What is needed →
Output only the lines below from the one containing "-- ===== src/Polymarket/Markets/Ranking/Best.antt" to the one containing "-- Every market", exactly as written, both ends kept.
####
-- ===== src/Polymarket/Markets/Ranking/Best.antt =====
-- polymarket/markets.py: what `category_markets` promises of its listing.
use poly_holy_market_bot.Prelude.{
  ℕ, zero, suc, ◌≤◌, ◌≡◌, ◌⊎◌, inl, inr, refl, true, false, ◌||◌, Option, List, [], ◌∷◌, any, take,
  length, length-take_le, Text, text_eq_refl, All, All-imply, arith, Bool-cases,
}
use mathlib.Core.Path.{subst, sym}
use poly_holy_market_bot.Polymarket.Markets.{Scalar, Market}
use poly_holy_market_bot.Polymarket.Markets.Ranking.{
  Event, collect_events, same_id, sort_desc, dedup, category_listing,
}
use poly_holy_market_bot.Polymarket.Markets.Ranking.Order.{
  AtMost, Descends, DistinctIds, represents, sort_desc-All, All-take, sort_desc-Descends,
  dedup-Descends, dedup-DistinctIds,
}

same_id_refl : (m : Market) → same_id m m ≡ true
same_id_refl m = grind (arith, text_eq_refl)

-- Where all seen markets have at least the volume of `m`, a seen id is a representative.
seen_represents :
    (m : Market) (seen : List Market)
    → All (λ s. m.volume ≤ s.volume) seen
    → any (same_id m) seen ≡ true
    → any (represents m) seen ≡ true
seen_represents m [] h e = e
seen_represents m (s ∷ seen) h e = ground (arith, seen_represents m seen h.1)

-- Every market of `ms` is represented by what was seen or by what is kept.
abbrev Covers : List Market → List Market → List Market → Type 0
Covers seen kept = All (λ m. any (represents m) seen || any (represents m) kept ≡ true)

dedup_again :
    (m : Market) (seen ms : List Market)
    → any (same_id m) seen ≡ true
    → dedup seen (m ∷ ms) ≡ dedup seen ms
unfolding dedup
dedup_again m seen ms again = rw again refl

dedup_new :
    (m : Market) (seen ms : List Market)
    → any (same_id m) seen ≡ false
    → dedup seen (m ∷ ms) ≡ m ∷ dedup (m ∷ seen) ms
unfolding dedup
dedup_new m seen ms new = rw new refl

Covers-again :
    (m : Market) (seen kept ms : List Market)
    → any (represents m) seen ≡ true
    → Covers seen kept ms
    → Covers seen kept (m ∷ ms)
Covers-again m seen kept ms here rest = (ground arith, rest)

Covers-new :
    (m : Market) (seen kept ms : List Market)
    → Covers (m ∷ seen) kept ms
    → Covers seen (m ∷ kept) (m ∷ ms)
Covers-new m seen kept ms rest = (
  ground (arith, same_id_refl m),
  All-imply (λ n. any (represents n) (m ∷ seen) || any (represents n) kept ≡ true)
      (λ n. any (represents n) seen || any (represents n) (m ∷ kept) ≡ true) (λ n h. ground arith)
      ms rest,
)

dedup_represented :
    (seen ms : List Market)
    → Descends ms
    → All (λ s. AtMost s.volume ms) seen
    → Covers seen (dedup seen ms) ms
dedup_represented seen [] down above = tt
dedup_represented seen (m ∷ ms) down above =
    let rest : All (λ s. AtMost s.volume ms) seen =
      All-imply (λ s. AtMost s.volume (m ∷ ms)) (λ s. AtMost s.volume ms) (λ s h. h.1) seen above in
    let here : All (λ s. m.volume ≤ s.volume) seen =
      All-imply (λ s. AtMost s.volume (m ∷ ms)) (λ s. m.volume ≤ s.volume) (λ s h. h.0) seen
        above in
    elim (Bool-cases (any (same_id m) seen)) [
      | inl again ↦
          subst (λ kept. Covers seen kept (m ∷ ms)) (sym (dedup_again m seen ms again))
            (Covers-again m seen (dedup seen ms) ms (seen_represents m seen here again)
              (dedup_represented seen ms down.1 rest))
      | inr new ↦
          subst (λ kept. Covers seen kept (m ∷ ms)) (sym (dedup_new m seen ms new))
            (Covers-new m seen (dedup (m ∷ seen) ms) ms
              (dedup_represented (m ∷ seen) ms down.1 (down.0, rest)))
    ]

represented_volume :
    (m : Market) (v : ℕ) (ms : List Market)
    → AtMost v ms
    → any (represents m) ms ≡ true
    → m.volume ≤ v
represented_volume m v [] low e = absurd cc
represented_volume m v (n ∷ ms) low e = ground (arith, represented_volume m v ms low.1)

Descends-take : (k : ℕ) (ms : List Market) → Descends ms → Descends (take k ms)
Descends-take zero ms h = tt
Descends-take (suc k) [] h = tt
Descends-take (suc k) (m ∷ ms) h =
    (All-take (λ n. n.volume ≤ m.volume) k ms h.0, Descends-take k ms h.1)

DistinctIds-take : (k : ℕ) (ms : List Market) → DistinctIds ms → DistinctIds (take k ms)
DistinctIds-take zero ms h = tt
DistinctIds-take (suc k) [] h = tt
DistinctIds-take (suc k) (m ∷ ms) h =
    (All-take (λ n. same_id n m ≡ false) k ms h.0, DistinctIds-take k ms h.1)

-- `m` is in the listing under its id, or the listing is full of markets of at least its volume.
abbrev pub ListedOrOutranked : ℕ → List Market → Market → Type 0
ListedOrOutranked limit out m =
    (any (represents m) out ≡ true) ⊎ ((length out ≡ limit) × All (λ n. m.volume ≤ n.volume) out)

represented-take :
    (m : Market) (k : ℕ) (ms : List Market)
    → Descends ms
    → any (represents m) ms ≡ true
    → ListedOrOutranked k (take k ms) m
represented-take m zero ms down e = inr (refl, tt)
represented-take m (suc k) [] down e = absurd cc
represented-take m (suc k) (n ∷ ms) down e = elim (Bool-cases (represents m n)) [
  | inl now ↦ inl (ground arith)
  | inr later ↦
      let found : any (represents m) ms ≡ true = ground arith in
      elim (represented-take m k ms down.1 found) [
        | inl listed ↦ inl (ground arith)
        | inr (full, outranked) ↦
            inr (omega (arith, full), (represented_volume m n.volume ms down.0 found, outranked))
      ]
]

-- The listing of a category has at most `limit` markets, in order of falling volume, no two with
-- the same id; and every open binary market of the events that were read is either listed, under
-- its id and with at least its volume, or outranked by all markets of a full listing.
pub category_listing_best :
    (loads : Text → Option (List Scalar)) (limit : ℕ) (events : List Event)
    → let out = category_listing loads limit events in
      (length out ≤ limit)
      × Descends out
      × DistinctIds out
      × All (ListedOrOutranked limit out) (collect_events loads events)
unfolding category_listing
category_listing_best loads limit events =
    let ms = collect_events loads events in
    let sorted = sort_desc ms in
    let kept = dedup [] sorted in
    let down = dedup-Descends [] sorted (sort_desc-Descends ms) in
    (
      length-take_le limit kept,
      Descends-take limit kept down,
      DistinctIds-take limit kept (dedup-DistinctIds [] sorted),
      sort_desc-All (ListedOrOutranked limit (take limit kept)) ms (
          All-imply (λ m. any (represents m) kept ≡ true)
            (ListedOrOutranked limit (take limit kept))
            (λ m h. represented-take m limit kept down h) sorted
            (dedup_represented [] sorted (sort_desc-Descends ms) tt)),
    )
####
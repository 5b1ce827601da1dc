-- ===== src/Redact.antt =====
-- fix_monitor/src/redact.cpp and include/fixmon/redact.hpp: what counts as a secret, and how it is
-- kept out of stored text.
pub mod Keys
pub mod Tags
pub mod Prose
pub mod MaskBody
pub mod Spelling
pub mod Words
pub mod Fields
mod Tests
####
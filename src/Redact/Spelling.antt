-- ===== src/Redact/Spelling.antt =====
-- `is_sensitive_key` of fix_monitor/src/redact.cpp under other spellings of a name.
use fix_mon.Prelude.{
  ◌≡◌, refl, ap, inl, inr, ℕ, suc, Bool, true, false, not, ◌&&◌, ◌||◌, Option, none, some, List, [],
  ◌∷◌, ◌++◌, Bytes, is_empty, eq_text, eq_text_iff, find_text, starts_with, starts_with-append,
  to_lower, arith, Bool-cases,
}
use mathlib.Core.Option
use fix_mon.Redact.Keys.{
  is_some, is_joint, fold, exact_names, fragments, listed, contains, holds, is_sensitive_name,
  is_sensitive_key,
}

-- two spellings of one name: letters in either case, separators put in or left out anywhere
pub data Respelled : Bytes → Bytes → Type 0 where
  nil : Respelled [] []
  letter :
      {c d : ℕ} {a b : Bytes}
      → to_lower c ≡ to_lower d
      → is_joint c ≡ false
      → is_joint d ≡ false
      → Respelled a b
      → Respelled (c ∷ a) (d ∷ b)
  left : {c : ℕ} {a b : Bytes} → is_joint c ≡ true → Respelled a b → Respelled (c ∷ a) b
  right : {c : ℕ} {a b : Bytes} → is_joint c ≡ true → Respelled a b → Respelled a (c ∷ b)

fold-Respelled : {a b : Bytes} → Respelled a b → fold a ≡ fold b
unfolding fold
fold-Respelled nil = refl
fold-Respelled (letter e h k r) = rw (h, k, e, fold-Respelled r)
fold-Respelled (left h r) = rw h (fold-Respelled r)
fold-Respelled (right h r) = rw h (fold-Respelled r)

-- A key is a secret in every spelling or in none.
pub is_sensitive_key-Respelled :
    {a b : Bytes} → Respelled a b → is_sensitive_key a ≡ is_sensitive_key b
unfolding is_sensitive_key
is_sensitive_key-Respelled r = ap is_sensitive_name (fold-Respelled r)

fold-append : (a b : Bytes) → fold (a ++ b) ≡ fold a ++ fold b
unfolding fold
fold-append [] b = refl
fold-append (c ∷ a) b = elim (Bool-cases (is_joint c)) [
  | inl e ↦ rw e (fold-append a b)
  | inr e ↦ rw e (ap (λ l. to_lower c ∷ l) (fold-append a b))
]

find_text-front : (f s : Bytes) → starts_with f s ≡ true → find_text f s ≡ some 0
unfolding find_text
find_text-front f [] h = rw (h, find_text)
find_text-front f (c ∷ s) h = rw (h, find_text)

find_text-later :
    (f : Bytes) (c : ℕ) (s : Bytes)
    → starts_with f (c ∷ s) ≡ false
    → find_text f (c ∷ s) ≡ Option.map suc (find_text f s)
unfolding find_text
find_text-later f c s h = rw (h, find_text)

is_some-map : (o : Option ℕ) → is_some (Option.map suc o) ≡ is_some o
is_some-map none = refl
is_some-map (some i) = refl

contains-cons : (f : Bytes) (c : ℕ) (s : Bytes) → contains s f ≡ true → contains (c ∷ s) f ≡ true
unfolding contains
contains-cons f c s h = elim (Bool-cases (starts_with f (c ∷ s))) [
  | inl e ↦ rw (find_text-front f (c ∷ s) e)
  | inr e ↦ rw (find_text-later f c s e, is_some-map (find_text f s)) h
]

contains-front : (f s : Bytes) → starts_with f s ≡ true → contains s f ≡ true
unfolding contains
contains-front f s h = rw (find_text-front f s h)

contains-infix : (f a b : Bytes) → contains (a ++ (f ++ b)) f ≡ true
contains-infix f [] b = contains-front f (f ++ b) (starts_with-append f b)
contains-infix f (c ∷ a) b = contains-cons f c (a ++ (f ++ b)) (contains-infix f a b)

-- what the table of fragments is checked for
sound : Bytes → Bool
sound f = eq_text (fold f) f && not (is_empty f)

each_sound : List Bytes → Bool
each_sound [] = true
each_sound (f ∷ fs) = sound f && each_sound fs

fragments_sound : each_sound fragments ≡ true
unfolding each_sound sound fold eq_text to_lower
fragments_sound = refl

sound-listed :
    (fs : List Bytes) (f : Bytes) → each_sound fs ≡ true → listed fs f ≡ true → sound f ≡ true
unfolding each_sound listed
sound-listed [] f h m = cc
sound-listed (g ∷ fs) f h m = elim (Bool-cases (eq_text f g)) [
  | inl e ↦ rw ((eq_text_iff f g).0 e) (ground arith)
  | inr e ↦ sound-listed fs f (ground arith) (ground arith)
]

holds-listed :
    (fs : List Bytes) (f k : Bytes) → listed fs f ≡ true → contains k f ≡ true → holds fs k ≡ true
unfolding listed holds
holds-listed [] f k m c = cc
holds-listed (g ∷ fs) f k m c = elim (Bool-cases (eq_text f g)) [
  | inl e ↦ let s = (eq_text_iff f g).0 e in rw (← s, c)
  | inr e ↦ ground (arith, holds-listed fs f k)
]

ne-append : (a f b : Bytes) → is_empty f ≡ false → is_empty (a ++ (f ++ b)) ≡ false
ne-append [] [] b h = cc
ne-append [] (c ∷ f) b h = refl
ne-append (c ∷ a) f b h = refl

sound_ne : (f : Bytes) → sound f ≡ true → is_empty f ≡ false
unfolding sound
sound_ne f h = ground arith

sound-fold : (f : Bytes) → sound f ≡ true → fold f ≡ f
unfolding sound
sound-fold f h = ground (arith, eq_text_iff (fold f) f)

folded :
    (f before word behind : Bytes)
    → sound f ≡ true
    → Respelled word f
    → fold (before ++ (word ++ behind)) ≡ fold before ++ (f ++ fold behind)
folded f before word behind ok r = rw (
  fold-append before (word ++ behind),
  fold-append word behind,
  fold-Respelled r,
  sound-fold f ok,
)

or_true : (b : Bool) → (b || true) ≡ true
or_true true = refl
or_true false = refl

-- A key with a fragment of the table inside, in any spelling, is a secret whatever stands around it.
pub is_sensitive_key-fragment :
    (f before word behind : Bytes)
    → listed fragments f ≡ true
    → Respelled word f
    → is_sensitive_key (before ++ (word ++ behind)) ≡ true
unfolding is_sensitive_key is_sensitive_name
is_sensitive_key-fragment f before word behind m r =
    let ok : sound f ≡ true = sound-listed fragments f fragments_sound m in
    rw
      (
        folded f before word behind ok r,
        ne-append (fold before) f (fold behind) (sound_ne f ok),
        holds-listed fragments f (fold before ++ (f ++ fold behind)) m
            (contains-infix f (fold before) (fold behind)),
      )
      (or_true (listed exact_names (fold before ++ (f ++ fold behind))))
####
Problem solution →
-- ===== src/Polymarket/Markets/Ranking/Best.antt =====
-- polymarket/markets.py: what `category_markets` promises of its listing.
use poly_holy_market_bot.Prelude.{
  ℕ, zero, suc, ◌≤◌, ◌≡◌, ◌⊎◌, inl, inr, refl, true, false, ◌||◌, Option, List, [], ◌∷◌, any, take,
  length, length-take_le, Text, text_eq_refl, All, All-imply, arith, Bool-cases,
}
use mathlib.Core.Path.{subst, sym}
use poly_holy_market_bot.Polymarket.Markets.{Scalar, Market}
use poly_holy_market_bot.Polymarket.Markets.Ranking.{
  Event, collect_events, same_id, sort_desc, dedup, category_listing,
}
use poly_holy_market_bot.Polymarket.Markets.Ranking.Order.{
  AtMost, Descends, DistinctIds, represents, sort_desc-All, All-take, sort_desc-Descends,
  dedup-Descends, dedup-DistinctIds,
}

same_id_refl : (m : Market) → same_id m m ≡ true
same_id_refl m = grind (arith, text_eq_refl)

-- Where all seen markets have at least the volume of `m`, a seen id is a representative.
seen_represents :
    (m : Market) (seen : List Market)
    → All (λ s. m.volume ≤ s.volume) seen
    → any (same_id m) seen ≡ true
    → any (represents m) seen ≡ true
seen_represents m [] h e = e
seen_represents m (s ∷ seen) h e = ground (arith, seen_represents m seen h.1)

-- Every market of `ms` is represented by what was seen or by what is kept.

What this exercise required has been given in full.